◆ YOUR OBJECTIVE: Copy nothing but the lines below running from the line containing "buffer = q.buffer ∙ p.buffer;" through the line containing "valid = ground arith;", both end lines included.

◆ THE INPUT:
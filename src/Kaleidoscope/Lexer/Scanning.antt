-- ===== src/Kaleidoscope/Lexer/Scanning.antt =====
-- The loops of the lexer that only move on: what is left of the text behind each.
use communicate_between_proc.Prelude.{
  ℕ, zero, suc, ◌+◌, ◌≤◌, ◌<◌, ◌≡◌, ◌∙◌, refl, Bool, true, false, some, get_elem?, get_or, sym,
  subst, not, ◌&&◌, List, [], ◌∷◌, ◌++◌, arith, ◌⊎◌, ◌==◌, inl, inr,
}
use communicate_between_proc.Kaleidoscope.Characters.{is_space, is_alnum, eof_char}
use communicate_between_proc.Kaleidoscope.BufferReader.{read, remaining, IsValid}
use communicate_between_proc.Kaleidoscope.Returns.{Returns, returns, Returns-map, Returns-test}
use communicate_between_proc.Kaleidoscope.Lexer.{
  Cursor, advance, skip_spaces, read_identifier, skip_comment,
}

abbrev pub left : Cursor → ℕ
left c = remaining c.reader

-- No character of a text is a 0.
abbrev pub Clean : List ℕ → Type 0
Clean text = (i q : ℕ) → get_elem? text i ≡ some q → q == b'0' ≡ false

-- No assertion has failed, and the last character is no 0.
abbrev pub Calm : Cursor → Type 0
Calm c = (c.aborted ≡ false) × (c.last == b'0' ≡ false)

-- Moved on, over the same buffer.
pub record Later (c c' : Cursor) : Type 0 where
  pub valid : IsValid c'.reader
  pub buffer : c'.reader.buffer ≡ c.reader.buffer
  pub fewer : left c' ≤ left c
  pub calm : Clean c.reader.buffer → Calm c → Calm c'

-- Moved on, by a character at least if there is one left.
abbrev pub Onward : {A : Type 0} → Cursor → A × Cursor → Type 0
Onward c (a, c') = Later c c' × (0 < left c → left c' < left c)

pub Later-refl : (c : Cursor) → IsValid c.reader → Later c c
Later-refl c v = record { valid = v; buffer = refl; fewer = omega arith; calm = λ clean k. k }

pub Later-trans : {c d e : Cursor} → Later c d → Later d e → Later c e
Later-trans p q = record {
  valid = q.valid;
  buffer = q.buffer ∙ p.buffer;
  fewer = omega (arith, p.fewer, q.fewer);
  calm = λ clean k. q.calm (subst Clean (sym p.buffer) clean) (p.calm clean k);
}

get_or-not_zero :
    (text : List ℕ) (i value : ℕ)
    → Clean text
    → value == b'0' ≡ false
    → get_or text i value == b'0' ≡ false
get_or-not_zero [] i value clean h = h
get_or-not_zero (x ∷ xs) zero value clean h = clean 0 x refl
get_or-not_zero (x ∷ xs) (suc i) value clean h =
    get_or-not_zero xs i value (λ j q e. clean (suc j) q e) h

pub advance_lem :
    (c : Cursor)
    → IsValid c.reader
    → Later c (advance c).1
      × ((advance c).0 ≡ true → left c ≡ left (advance c).1 + 1)
      × (0 < left c → left (advance c).1 < left c)
unfolding read
advance_lem c v = (
  record {
    valid = ground arith;
    buffer = ground arith;
    fewer = ground arith;
    calm = λ clean k.
        (k.0, ground (arith, k.1, get_or-not_zero c.reader.buffer c.reader.index c.last clean k.1));
  },
  ground arith,
  ground arith,
)

pub skip_spaces-Returns :
    (fuel : ℕ) (c : Cursor)
    → IsValid c.reader
    → left c < fuel
    → Returns
        (λ (r : Bool × Cursor). Later c r.1 × (r.0 ≡ true → (r.1 ≡ c) ⊎ (left r.1 < left c)))
        (skip_spaces fuel c)
unfolding skip_spaces
skip_spaces-Returns zero c v h = elim h [ ]
skip_spaces-Returns (suc fuel) c v h =
    let (later, moved, onward) = advance_lem c v in
    Returns-test (is_space c.last) _ _
      (λ e.
        Returns-test (advance c).0 _ _
          (λ d.
            Returns-map
              (skip_spaces-Returns fuel (advance c).1 later.valid (omega (arith, moved d)))
              (λ r p. (Later-trans later p.0, λ q. inr (omega (arith, moved d, p.0.fewer)))))
          (λ d. returns (later, λ q. absurd cc)))
      (λ e. returns (Later-refl c v, λ q. inl refl))

pub read_identifier-Returns :
    (fuel : ℕ) (name : List ℕ) (c : Cursor)
    → IsValid c.reader
    → left c < fuel
    → Returns (Onward {A = List ℕ} c) (read_identifier fuel name c)
unfolding read_identifier
read_identifier-Returns zero name c v h = elim h [ ]
read_identifier-Returns (suc fuel) name c v h =
    let (later, moved, onward) = advance_lem c v in
    Returns-test ((advance c).0 && is_alnum (advance c).1.last) _ _
      (λ e.
        let done : (advance c).0 ≡ true = ground arith in
        Returns-map
          (read_identifier-Returns fuel (name ++ ((advance c).1.last ∷ [])) (advance c).1
            later.valid (omega (arith, moved done)))
          (λ r p. (Later-trans later p.0, λ q. omega (arith, moved done, p.0.fewer))))
      (λ e. returns (later, onward))

pub skip_comment-Returns :
    (fuel : ℕ) (c : Cursor)
    → IsValid c.reader
    → left c < fuel
    → Returns (λ c'. Later c c' × (0 < left c → left c' < left c)) (skip_comment fuel c)
unfolding skip_comment
skip_comment-Returns zero c v h = elim h [ ]
skip_comment-Returns (suc fuel) c v h =
    let (later, moved, onward) = advance_lem c v in
    let c' : Cursor = (advance c).1 in
    Returns-test
      ((advance c).0 && not (c'.last == eof_char) && not (c'.last == 10) && not (c'.last == 13)) _ _
      (λ e.
        let done : (advance c).0 ≡ true = ground arith in
        Returns-map (skip_comment-Returns fuel c' later.valid (omega (arith, moved done)))
          (λ r p. (Later-trans later p.0, λ q. omega (arith, moved done, p.0.fewer))))
      (λ e. returns (later, onward))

◆ SOLUTION:
  buffer = q.buffer ∙ p.buffer;
  fewer = omega (arith, p.fewer, q.fewer);
  calm = λ clean k. q.calm (subst Clean (sym p.buffer) clean) (p.calm clean k);
}

get_or-not_zero :
    (text : List ℕ) (i value : ℕ)
    → Clean text
    → value == b'0' ≡ false
    → get_or text i value == b'0' ≡ false
get_or-not_zero [] i value clean h = h
get_or-not_zero (x ∷ xs) zero value clean h = clean 0 x refl
get_or-not_zero (x ∷ xs) (suc i) value clean h =
    get_or-not_zero xs i value (λ j q e. clean (suc j) q e) h

pub advance_lem :
    (c : Cursor)
    → IsValid c.reader
    → Later c (advance c).1
      × ((advance c).0 ≡ true → left c ≡ left (advance c).1 + 1)
      × (0 < left c → left (advance c).1 < left c)
unfolding read
advance_lem c v = (
  record {
    valid = ground arith;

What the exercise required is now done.